Repeat exactly the lines of the entries below from the one with "(emplace_index s ss))" through the one with "(v6 : Bool) (c : Config)", both ends included, and nothing else.

Data to examine Start Marker

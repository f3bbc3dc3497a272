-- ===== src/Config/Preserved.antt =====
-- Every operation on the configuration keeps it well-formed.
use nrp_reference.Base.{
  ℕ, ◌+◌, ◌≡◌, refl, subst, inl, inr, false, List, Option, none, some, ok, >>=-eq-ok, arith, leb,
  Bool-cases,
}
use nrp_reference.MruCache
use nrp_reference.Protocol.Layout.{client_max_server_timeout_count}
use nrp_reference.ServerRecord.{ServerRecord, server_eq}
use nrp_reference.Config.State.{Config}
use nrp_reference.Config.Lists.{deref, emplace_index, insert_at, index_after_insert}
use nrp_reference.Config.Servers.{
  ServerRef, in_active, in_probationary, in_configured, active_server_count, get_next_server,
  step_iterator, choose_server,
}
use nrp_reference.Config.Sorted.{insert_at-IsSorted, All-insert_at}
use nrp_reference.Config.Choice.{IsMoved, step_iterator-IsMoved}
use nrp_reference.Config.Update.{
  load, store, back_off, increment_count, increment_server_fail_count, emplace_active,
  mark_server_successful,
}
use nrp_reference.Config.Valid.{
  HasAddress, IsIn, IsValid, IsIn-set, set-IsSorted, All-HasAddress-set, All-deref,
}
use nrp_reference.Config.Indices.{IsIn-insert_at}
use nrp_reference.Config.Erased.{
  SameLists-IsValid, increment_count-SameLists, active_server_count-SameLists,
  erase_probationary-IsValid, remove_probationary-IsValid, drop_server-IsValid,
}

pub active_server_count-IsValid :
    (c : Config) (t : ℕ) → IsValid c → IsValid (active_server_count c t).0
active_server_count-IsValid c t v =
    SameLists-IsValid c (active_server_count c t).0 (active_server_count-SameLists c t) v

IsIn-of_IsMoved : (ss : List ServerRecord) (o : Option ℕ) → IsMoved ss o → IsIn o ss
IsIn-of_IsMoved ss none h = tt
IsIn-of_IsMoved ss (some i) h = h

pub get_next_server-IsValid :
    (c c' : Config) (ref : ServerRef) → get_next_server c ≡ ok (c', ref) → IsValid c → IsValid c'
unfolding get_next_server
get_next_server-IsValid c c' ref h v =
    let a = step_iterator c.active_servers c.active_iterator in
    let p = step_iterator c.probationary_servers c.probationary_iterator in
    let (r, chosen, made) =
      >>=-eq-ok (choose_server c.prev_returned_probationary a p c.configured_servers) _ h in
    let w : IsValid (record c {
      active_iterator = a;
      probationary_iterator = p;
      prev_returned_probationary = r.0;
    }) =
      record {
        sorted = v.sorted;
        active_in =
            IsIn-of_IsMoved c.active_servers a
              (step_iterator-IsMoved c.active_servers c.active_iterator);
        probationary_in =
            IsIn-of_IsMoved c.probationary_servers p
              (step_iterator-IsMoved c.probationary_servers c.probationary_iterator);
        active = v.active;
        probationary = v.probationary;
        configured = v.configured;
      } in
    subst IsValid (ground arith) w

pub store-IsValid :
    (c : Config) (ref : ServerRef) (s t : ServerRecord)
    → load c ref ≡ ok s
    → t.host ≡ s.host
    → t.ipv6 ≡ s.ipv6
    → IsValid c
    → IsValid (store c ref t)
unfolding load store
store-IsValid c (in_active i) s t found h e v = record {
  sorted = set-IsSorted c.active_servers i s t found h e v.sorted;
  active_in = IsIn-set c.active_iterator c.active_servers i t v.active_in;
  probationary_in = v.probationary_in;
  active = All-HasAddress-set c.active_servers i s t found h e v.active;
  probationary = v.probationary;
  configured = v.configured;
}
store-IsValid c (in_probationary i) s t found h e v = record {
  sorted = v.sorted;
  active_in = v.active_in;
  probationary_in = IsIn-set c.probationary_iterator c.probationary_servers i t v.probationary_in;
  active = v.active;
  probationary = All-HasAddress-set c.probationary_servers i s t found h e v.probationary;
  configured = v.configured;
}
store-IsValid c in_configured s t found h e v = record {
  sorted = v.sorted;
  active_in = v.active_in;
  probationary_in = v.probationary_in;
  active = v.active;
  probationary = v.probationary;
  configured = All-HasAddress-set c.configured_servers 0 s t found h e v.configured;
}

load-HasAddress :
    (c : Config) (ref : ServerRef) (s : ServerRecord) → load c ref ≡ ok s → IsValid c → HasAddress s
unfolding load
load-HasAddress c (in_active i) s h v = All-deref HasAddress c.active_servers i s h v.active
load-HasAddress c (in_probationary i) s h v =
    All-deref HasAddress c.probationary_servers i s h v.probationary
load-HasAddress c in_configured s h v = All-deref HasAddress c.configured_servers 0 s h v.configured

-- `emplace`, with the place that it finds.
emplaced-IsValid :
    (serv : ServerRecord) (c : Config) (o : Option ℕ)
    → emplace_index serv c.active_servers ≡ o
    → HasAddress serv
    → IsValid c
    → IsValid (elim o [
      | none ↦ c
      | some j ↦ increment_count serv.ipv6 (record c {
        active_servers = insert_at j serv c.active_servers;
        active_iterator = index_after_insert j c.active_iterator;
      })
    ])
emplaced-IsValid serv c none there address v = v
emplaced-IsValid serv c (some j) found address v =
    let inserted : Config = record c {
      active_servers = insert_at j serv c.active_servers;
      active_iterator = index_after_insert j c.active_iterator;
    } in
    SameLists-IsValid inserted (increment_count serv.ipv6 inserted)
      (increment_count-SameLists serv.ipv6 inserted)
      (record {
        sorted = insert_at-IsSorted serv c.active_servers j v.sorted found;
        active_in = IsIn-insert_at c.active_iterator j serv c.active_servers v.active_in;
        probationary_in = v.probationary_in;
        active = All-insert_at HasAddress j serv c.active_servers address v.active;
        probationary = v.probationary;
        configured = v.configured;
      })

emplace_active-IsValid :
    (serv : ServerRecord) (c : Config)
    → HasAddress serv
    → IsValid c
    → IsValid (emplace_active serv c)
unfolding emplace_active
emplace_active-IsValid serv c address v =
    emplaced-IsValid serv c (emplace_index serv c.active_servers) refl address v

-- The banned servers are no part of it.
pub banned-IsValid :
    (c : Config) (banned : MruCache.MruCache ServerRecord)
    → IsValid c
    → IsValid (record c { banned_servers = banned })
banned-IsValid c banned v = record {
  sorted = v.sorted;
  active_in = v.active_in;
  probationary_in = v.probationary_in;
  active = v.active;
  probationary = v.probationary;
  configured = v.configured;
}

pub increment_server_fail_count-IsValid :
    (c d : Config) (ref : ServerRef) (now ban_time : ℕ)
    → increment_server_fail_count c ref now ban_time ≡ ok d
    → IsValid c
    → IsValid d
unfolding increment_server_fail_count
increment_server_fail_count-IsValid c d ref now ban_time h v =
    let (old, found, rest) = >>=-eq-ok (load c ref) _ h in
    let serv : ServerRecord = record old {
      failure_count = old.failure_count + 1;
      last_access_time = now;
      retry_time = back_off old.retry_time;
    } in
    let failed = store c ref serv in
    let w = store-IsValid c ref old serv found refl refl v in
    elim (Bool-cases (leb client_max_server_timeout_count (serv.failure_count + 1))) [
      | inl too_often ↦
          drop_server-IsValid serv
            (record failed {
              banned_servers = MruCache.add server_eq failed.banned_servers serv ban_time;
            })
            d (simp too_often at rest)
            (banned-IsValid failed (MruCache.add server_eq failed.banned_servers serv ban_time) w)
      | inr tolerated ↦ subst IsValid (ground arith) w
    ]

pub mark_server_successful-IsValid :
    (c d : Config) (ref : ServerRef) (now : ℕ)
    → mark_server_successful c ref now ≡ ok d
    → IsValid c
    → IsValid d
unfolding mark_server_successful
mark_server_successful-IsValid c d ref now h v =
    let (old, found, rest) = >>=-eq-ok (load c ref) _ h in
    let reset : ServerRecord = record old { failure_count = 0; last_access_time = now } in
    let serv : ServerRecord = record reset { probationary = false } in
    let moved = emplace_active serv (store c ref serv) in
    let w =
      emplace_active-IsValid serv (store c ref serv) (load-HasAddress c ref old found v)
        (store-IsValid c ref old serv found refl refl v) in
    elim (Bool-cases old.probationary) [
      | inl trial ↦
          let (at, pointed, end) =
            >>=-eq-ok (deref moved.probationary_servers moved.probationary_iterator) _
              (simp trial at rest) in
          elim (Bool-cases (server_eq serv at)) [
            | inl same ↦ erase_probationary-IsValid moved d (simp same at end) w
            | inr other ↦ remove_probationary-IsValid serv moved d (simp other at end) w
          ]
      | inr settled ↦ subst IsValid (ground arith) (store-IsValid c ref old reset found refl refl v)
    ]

Data to examine End Marker
Data to examine Start Marker

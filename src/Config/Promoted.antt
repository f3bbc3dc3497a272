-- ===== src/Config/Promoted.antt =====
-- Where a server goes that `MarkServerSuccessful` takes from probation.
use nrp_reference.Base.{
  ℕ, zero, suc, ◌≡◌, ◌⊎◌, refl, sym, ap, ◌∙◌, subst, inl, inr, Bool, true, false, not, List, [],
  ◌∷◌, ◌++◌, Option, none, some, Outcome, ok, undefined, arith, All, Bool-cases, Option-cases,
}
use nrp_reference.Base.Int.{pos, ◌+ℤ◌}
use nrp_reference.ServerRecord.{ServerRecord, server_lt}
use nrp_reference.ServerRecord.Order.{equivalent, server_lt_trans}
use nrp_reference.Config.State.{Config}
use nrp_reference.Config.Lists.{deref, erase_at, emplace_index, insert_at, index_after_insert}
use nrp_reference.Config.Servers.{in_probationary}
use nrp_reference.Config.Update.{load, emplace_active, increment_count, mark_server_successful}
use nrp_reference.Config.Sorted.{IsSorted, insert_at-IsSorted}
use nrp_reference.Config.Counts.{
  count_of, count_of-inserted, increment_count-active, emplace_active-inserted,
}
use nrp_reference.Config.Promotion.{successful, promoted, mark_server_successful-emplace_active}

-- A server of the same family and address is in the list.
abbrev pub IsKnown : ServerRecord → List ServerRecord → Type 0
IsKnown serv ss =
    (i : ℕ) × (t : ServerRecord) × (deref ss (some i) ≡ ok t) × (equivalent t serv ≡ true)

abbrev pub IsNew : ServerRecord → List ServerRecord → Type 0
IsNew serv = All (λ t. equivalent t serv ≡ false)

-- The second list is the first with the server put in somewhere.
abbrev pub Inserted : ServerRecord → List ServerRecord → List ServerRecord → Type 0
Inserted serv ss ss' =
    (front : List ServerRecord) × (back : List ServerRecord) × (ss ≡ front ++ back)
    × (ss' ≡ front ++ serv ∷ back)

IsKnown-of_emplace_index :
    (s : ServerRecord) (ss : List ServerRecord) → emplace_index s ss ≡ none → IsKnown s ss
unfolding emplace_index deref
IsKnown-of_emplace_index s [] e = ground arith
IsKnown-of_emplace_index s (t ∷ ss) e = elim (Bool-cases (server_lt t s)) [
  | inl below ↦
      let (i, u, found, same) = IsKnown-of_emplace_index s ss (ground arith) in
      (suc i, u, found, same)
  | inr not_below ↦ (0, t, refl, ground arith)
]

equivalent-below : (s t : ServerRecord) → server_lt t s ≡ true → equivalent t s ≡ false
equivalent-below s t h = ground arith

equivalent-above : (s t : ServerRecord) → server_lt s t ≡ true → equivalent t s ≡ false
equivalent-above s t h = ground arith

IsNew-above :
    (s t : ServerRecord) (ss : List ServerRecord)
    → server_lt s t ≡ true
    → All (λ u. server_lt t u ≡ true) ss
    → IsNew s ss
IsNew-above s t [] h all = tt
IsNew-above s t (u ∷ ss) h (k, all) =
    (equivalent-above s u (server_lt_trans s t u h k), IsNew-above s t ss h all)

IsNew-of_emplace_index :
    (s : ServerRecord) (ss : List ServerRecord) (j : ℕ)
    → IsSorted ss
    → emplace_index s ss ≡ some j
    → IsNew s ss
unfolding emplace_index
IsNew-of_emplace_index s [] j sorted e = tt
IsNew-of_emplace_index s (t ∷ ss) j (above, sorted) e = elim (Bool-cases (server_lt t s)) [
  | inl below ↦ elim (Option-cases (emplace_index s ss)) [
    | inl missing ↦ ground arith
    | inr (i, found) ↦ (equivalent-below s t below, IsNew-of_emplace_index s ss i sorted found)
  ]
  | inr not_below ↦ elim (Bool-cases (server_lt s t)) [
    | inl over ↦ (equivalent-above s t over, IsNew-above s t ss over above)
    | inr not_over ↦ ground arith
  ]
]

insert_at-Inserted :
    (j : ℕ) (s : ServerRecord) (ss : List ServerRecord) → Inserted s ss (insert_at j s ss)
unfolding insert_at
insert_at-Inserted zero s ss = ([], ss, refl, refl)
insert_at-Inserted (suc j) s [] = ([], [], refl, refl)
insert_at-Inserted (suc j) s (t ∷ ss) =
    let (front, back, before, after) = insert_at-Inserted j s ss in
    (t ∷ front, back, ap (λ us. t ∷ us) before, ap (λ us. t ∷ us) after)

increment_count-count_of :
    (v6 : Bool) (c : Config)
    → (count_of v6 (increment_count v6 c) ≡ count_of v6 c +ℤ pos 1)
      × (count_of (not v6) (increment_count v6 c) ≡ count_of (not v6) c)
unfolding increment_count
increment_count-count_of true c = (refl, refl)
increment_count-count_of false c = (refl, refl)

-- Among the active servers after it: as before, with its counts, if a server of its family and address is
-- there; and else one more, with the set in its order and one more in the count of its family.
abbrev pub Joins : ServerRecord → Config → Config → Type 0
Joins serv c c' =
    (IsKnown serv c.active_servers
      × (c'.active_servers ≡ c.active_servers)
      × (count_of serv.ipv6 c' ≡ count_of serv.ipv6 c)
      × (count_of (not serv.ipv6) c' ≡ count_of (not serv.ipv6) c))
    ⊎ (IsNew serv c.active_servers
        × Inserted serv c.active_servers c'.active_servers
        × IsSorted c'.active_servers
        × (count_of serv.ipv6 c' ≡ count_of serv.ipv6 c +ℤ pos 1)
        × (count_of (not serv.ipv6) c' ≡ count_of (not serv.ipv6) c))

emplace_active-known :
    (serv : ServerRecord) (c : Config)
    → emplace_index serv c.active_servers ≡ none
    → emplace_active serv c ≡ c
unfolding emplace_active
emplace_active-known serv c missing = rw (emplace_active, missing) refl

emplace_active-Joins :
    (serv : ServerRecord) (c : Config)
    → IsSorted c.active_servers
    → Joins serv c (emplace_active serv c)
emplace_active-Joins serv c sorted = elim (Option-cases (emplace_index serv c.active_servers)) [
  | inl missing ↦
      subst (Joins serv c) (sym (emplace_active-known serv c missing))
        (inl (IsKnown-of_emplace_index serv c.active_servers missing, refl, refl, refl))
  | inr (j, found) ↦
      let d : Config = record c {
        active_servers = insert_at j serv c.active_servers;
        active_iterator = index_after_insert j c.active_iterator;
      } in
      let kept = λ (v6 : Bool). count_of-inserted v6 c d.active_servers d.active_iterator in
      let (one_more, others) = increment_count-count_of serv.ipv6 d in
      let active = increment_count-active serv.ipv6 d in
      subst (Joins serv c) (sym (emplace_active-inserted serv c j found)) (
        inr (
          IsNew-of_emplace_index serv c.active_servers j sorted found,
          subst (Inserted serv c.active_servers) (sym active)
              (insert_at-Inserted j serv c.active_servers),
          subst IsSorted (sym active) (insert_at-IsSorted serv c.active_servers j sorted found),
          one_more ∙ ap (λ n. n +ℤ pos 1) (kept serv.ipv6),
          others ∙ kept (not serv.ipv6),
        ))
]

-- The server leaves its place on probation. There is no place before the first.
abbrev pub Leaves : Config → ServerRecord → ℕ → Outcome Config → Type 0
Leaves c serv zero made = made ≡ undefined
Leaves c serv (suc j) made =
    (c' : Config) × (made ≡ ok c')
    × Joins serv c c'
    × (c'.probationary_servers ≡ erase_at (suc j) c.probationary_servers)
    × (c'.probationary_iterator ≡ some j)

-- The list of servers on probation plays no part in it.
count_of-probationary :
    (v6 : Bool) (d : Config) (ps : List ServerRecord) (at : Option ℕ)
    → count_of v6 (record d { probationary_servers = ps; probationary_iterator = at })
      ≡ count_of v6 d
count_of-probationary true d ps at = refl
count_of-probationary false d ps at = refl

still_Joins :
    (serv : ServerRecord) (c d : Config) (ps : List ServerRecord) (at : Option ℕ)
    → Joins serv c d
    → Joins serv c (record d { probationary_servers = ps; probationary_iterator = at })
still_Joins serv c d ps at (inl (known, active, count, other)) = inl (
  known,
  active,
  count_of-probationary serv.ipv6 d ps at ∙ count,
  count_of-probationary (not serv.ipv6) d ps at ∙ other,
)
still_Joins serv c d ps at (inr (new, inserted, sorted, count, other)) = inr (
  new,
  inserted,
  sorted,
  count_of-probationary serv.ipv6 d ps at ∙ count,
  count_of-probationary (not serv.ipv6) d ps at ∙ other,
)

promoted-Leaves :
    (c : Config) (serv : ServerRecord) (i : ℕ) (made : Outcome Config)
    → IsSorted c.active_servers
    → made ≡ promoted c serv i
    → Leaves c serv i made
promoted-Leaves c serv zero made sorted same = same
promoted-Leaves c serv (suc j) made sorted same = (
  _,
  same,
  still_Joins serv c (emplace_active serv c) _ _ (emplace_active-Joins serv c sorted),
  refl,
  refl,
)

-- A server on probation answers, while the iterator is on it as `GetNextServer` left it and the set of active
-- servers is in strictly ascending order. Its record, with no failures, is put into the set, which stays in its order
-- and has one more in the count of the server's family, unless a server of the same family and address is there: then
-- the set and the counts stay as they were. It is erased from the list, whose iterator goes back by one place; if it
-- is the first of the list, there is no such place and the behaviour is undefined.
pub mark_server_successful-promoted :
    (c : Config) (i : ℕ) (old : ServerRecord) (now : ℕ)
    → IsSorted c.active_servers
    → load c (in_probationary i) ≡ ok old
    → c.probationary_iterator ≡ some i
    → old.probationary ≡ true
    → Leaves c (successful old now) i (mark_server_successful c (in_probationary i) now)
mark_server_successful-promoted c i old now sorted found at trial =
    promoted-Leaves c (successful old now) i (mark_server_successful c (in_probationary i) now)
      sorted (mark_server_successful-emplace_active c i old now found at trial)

Data to examine End Marker

Response to the task:
  | inl below ↦ elim (Option-cases (emplace_index s ss)) [
    | inl missing ↦ ground arith
    | inr (i, found) ↦ (equivalent-below s t below, IsNew-of_emplace_index s ss i sorted found)
  ]
  | inr not_below ↦ elim (Bool-cases (server_lt s t)) [
    | inl over ↦ (equivalent-above s t over, IsNew-above s t ss over above)
    | inr not_over ↦ ground arith
  ]
]

insert_at-Inserted :
    (j : ℕ) (s : ServerRecord) (ss : List ServerRecord) → Inserted s ss (insert_at j s ss)
unfolding insert_at
insert_at-Inserted zero s ss = ([], ss, refl, refl)
insert_at-Inserted (suc j) s [] = ([], [], refl, refl)
insert_at-Inserted (suc j) s (t ∷ ss) =
    let (front, back, before, after) = insert_at-Inserted j s ss in
    (t ∷ front, back, ap (λ us. t ∷ us) before, ap (λ us. t ∷ us) after)

increment_count-count_of :
    (v6 : Bool) (c : Config)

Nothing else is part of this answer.